• **TASK**
The lines below starting at the line containing "t.status ≡ false" and ending at the line containing "elim (Bool-cases (belongs" are to be repeated exactly, with both ends kept and nothing else added.

• **DATA EXCERPTS**
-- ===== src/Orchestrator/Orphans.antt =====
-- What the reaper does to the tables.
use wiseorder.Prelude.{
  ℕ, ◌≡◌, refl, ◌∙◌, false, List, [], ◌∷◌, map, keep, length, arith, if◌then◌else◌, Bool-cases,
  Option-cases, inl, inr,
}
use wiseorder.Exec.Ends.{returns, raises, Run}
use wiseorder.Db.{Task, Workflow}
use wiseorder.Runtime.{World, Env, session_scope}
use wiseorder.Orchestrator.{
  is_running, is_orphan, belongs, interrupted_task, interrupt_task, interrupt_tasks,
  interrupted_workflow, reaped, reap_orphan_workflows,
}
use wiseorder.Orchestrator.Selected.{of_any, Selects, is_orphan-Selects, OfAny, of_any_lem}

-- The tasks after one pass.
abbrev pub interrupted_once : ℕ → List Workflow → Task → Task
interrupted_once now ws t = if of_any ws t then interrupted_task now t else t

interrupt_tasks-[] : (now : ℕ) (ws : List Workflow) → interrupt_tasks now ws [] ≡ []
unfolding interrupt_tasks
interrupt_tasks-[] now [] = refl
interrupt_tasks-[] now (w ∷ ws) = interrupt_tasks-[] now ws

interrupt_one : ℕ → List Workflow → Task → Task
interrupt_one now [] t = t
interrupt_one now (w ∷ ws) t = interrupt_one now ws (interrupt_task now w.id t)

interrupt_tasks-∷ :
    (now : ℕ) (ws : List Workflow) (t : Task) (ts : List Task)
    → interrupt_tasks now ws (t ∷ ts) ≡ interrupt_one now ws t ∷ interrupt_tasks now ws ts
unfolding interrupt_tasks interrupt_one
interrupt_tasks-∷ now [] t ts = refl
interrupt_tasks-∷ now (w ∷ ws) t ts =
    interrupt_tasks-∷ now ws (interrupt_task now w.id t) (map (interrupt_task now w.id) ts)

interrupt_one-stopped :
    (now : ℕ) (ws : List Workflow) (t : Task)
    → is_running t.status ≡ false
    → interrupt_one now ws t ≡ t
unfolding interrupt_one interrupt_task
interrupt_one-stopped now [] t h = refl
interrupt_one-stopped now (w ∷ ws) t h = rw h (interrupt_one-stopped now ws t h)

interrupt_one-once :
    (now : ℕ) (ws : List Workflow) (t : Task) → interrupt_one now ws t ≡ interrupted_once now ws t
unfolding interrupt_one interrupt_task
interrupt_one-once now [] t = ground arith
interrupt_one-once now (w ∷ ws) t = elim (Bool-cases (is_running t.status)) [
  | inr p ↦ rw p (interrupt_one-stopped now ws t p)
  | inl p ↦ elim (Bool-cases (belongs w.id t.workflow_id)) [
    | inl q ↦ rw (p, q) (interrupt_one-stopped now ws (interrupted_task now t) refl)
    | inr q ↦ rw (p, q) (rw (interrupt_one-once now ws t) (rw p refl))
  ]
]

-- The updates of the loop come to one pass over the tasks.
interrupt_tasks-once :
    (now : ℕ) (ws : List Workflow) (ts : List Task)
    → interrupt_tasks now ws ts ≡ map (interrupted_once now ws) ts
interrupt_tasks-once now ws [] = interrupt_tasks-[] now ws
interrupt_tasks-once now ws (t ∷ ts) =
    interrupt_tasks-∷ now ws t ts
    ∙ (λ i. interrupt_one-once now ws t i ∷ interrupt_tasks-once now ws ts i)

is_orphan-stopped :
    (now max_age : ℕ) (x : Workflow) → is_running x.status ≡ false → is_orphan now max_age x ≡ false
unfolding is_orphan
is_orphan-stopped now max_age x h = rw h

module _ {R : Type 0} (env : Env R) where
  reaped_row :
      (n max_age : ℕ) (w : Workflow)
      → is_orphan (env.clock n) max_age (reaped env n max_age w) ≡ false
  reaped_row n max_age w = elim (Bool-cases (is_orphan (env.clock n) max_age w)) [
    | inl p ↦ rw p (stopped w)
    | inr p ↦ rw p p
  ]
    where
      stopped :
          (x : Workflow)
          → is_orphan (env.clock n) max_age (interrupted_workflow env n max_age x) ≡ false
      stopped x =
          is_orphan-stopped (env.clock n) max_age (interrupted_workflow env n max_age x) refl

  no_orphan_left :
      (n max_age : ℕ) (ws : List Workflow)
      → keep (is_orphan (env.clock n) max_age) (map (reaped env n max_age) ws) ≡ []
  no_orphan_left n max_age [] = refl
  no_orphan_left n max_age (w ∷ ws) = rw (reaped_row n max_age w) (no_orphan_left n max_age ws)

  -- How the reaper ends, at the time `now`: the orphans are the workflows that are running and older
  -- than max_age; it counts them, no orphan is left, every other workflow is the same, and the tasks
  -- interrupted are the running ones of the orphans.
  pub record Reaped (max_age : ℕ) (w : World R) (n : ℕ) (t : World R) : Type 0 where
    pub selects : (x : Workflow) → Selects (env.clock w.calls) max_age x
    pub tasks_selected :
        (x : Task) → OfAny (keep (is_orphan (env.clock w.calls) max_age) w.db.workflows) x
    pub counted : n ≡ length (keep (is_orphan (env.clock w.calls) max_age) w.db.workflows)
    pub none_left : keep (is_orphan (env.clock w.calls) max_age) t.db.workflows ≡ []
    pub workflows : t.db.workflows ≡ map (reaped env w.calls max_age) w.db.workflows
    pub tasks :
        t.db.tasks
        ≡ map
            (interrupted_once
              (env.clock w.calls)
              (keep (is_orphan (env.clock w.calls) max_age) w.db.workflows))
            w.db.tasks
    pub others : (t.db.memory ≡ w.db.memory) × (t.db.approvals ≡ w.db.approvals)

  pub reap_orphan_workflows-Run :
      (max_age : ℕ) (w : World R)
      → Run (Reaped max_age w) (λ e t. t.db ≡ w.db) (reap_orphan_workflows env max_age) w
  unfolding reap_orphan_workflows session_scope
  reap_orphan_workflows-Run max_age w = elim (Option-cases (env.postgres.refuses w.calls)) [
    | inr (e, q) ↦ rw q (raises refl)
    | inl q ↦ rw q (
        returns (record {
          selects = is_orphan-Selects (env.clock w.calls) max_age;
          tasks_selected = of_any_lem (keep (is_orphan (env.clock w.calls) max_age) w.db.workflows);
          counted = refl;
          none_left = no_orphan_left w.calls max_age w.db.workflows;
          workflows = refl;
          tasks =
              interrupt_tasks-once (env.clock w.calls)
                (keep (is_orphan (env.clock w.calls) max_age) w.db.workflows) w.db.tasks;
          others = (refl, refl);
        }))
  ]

• **OUTPUT FOR THIS TASK**
    → is_running t.status ≡ false
    → interrupt_one now ws t ≡ t
unfolding interrupt_one interrupt_task
interrupt_one-stopped now [] t h = refl
interrupt_one-stopped now (w ∷ ws) t h = rw h (interrupt_one-stopped now ws t h)

interrupt_one-once :
    (now : ℕ) (ws : List Workflow) (t : Task) → interrupt_one now ws t ≡ interrupted_once now ws t
unfolding interrupt_one interrupt_task
interrupt_one-once now [] t = ground arith
interrupt_one-once now (w ∷ ws) t = elim (Bool-cases (is_running t.status)) [
  | inr p ↦ rw p (interrupt_one-stopped now ws t p)
  | inl p ↦ elim (Bool-cases (belongs w.id t.workflow_id)) [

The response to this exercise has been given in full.